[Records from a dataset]

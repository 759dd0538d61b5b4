-- ===== src/Contacts/Genuine.antt =====
-- The guarantee against substitution: which cards are valid.
use orpal.Base.{
  ◌∙◌, refl, sym, ◌>>=◌, ◌↔◌, eq_refl, Option-cases, subst, String, Bool, true, Option, none, some,
  ◌≡◌, ap, eq_of_test, arith, Bool-cases, inl, inr,
}
use orpal.Json.{
  as_text, as_record, text_at, record_at, text_at-lookup, record_at-lookup, Json, object, text,
  number, array, boolean, null,
}
use orpal.Contacts.{
  lookup, parse_contact_card, Fields, check_fields, is_record, ContactCard, ParsedCard, valid,
  invalid, property, is_text, check_binding,
}

-- The binding's self-signature is right, and it ties the identity key to the transport key.
pub record IsBound (verify_binding : Json → Bool) (identity_key transport_key : String)
    (binding : Json) : Type 0 where
  pub signed : verify_binding binding ≡ true
  pub identity : property "identity_key" binding ≡ some (text identity_key)
  pub transport : property "transport_key" binding ≡ some (text transport_key)

is_text-eq : (s : String) (o : Option Json) → is_text s o ≡ true → o ≡ some (text s)
is_text-eq s (some (text t)) e = ap (λ u. some (text u)) (eq_of_test t s e)
is_text-eq s none e = absurd (ground arith)
is_text-eq s (some null) e = absurd (ground arith)
is_text-eq s (some (boolean b)) e = absurd (ground arith)
is_text-eq s (some (number n)) e = absurd (ground arith)
is_text-eq s (some (array a)) e = absurd (ground arith)
is_text-eq s (some (object f)) e = absurd (ground arith)

-- What holds of the card where there is one.
abbrev pub Admits {κ} : (ContactCard → Type κ) → ParsedCard → Type κ
Admits P (invalid reason) = Unit
Admits P (valid c) = P c

abbrev pub Bound : (Json → Bool) → ContactCard → Type 0
Bound verify_binding c = IsBound verify_binding c.identity_key c.transport_key c.binding

abbrev card_or : ContactCard → ParsedCard → ContactCard
card_or d (invalid reason) = d
card_or d (valid c) = c

Admits-valid :
    (P : ContactCard → Type 0) (p : ParsedCard) (c : ContactCard) → Admits P p → p ≡ valid c → P c
Admits-valid P (valid d) c h e = subst P (ap (card_or d) e) h
Admits-valid P (invalid reason) c h e = absurd cc

-- The value is a contact card: an object of that kind, whose keys and binding are the card's, with
-- its name if that is a text, and the binding is self-signed and ties the one key to the other.
pub record Shows (verify_binding : Json → Bool) (fs : Fields) (c : ContactCard) : Type 0 where
  pub kind : lookup "kind" fs ≡ some (text "orpal-contact")
  pub identity_field : lookup "identity_key" fs ≡ some (text c.identity_key)
  pub transport_field : lookup "transport_key" fs ≡ some (text c.transport_key)
  pub binding_field : lookup "binding" fs ≡ some c.binding
  pub binding_record : is_record c.binding ≡ true
  pub name_field : c.name ≡ text_at "name" fs
  pub bound : Bound verify_binding c

abbrev pub IsCard : (Json → Bool) → Json → ContactCard → Type 0
IsCard verify_binding (object fs) c = Shows verify_binding fs c
IsCard verify_binding _ c = ⊥

module _ (verify_binding : Json → Bool) where
  -- A card that passes the last checks has the given fields, and its keys are bound.
  check_binding-Admits :
      (i t : String) (b : Json) (n : Option String) (P : ContactCard → Type 0)
      → (IsBound verify_binding i t b
          → P (record { identity_key = i; transport_key = t; binding = b; name = n }))
      → Admits P (check_binding verify_binding i t b n)
  unfolding check_binding
  check_binding-Admits i t b n P f = elim (Bool-cases (verify_binding b)) [
    | inr bad ↦ simp bad tt
    | inl good ↦ elim (Bool-cases (is_text i (property "identity_key" b))) [
      | inr other ↦ simp (good, other) tt
      | inl same ↦ elim (Bool-cases (is_text t (property "transport_key" b))) [
        | inr apart ↦ simp (good, same, apart) tt
        | inl equal ↦
            simp (good, same, equal)
              (f (record {
                signed = good;
                identity = is_text-eq i _ same;
                transport = is_text-eq t _ equal;
              }))
      ]
    ]
  ]

  check_fields-Admits :
      (fs : Fields)
      → lookup "kind" fs ≡ some (text "orpal-contact")
      → Admits (Shows verify_binding fs) (check_fields verify_binding fs)
  unfolding check_fields
  check_fields-Admits fs kind = elim (Option-cases (text_at "identity_key" fs)) [
    | inl gone ↦ rw (check_fields, gone) tt
    | inr (i, at_i) ↦ elim (Option-cases (text_at "transport_key" fs)) [
      | inl gone ↦ rw (check_fields, at_i, gone) tt
      | inr (t, at_t) ↦ elim (Option-cases (record_at "binding" fs)) [
        | inl gone ↦ rw (check_fields, at_i, at_t, gone) tt
        | inr (b, at_b) ↦
            rw (check_fields, at_i, at_t, at_b)
              (check_binding-Admits i t b (text_at "name" fs) (Shows verify_binding fs) (λ bound.
                record {
                  kind = kind;
                  identity_field = text_at-lookup "identity_key" fs i at_i;
                  transport_field = text_at-lookup "transport_key" fs t at_t;
                  binding_field = (record_at-lookup "binding" fs b at_b).0;
                  binding_record = (record_at-lookup "binding" fs b at_b).1;
                  name_field = refl;
                  bound = bound;
                }))
      ]
    ]
  ]

  parse-Admits :
      (fs : Fields)
      → Admits (Shows verify_binding fs) (parse_contact_card verify_binding (object fs))
  unfolding parse_contact_card
  parse-Admits fs = elim (Bool-cases (is_text "orpal-contact" (lookup "kind" fs))) [
    | inr other ↦ rw (parse_contact_card, other) tt
    | inl kind ↦
        rw (parse_contact_card, kind) (check_fields-Admits fs (is_text-eq "orpal-contact" _ kind))
  ]

  bound_passes :
      (i t : String) (b : Json) (n : Option String)
      → IsBound verify_binding i t b
      → check_binding verify_binding i t b n
        ≡ valid (record { identity_key = i; transport_key = t; binding = b; name = n })
  unfolding check_binding
  bound_passes i t b n h = simp (h.signed, h.identity, h.transport, eq_refl i, eq_refl t) refl

  shown_passes :
      (fs : Fields) (c : ContactCard)
      → Shows verify_binding fs c
      → parse_contact_card verify_binding (object fs) ≡ valid c
  unfolding parse_contact_card check_fields
  shown_passes fs c h = simp h.kind fields
    where
      at_i : text_at "identity_key" fs ≡ some c.identity_key
      at_i = ap (λ o. o >>= as_text) h.identity_field

      at_t : text_at "transport_key" fs ≡ some c.transport_key
      at_t = ap (λ o. o >>= as_text) h.transport_field

      is_record-as_record : (v : Json) → is_record v ≡ true → as_record v ≡ some v
      is_record-as_record v e = simp e refl

      at_b : record_at "binding" fs ≡ some c.binding
      at_b =
          ap (λ o. o >>= as_record) h.binding_field ∙ is_record-as_record c.binding h.binding_record

      named :
          (n : Option String)
          → c.name ≡ n
          → check_binding verify_binding c.identity_key c.transport_key c.binding n ≡ valid c
      named n e =
          bound_passes c.identity_key c.transport_key c.binding n h.bound
          ∙ ap (λ m. valid (record c { name = m })) (sym e)

      fields : check_fields verify_binding fs ≡ valid c
      fields =
          unfold check_fields in
          rw (check_fields, at_i, at_t, at_b) (named (text_at "name" fs) h.name_field)

  -- A value parses to a valid card exactly if it shows that card: in particular the binding's
  -- signature verifies, and it ties the card's identity key to the card's transport key.
  pub parse_contact_card_iff :
      (j : Json) (c : ContactCard)
      → (parse_contact_card verify_binding j ≡ valid c) ↔ IsCard verify_binding j c
  unfolding parse_contact_card
  parse_contact_card_iff (object fs) c =
      (λ e. Admits-valid (Shows verify_binding fs) _ c (parse-Admits fs) e, shown_passes fs c)
  parse_contact_card_iff null c = (λ e. absurd cc, λ h. absurd h)
  parse_contact_card_iff (boolean b) c = (λ e. absurd cc, λ h. absurd h)
  parse_contact_card_iff (number n) c = (λ e. absurd cc, λ h. absurd h)
  parse_contact_card_iff (text s) c = (λ e. absurd cc, λ h. absurd h)
  parse_contact_card_iff (array a) c = (λ e. absurd cc, λ h. absurd h)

Try it =
From the start of the data to the line that holds "is_text-eq s (some (text", retype each line exactly, with both ends included.

Response to this task =
repository 759dd0538d61b5b4
-- ===== src/Contacts/Genuine.antt =====
-- The guarantee against substitution: which cards are valid.
use orpal.Base.{
  ◌∙◌, refl, sym, ◌>>=◌, ◌↔◌, eq_refl, Option-cases, subst, String, Bool, true, Option, none, some,
  ◌≡◌, ap, eq_of_test, arith, Bool-cases, inl, inr,
}
use orpal.Json.{
  as_text, as_record, text_at, record_at, text_at-lookup, record_at-lookup, Json, object, text,
  number, array, boolean, null,
}
use orpal.Contacts.{
  lookup, parse_contact_card, Fields, check_fields, is_record, ContactCard, ParsedCard, valid,
  invalid, property, is_text, check_binding,
}

-- The binding's self-signature is right, and it ties the identity key to the transport key.
pub record IsBound (verify_binding : Json → Bool) (identity_key transport_key : String)
    (binding : Json) : Type 0 where
  pub signed : verify_binding binding ≡ true
  pub identity : property "identity_key" binding ≡ some (text identity_key)
  pub transport : property "transport_key" binding ≡ some (text transport_key)

is_text-eq : (s : String) (o : Option Json) → is_text s o ≡ true → o ≡ some (text s)
is_text-eq s (some (text t)) e = ap (λ u. some (text u)) (eq_of_test t s e)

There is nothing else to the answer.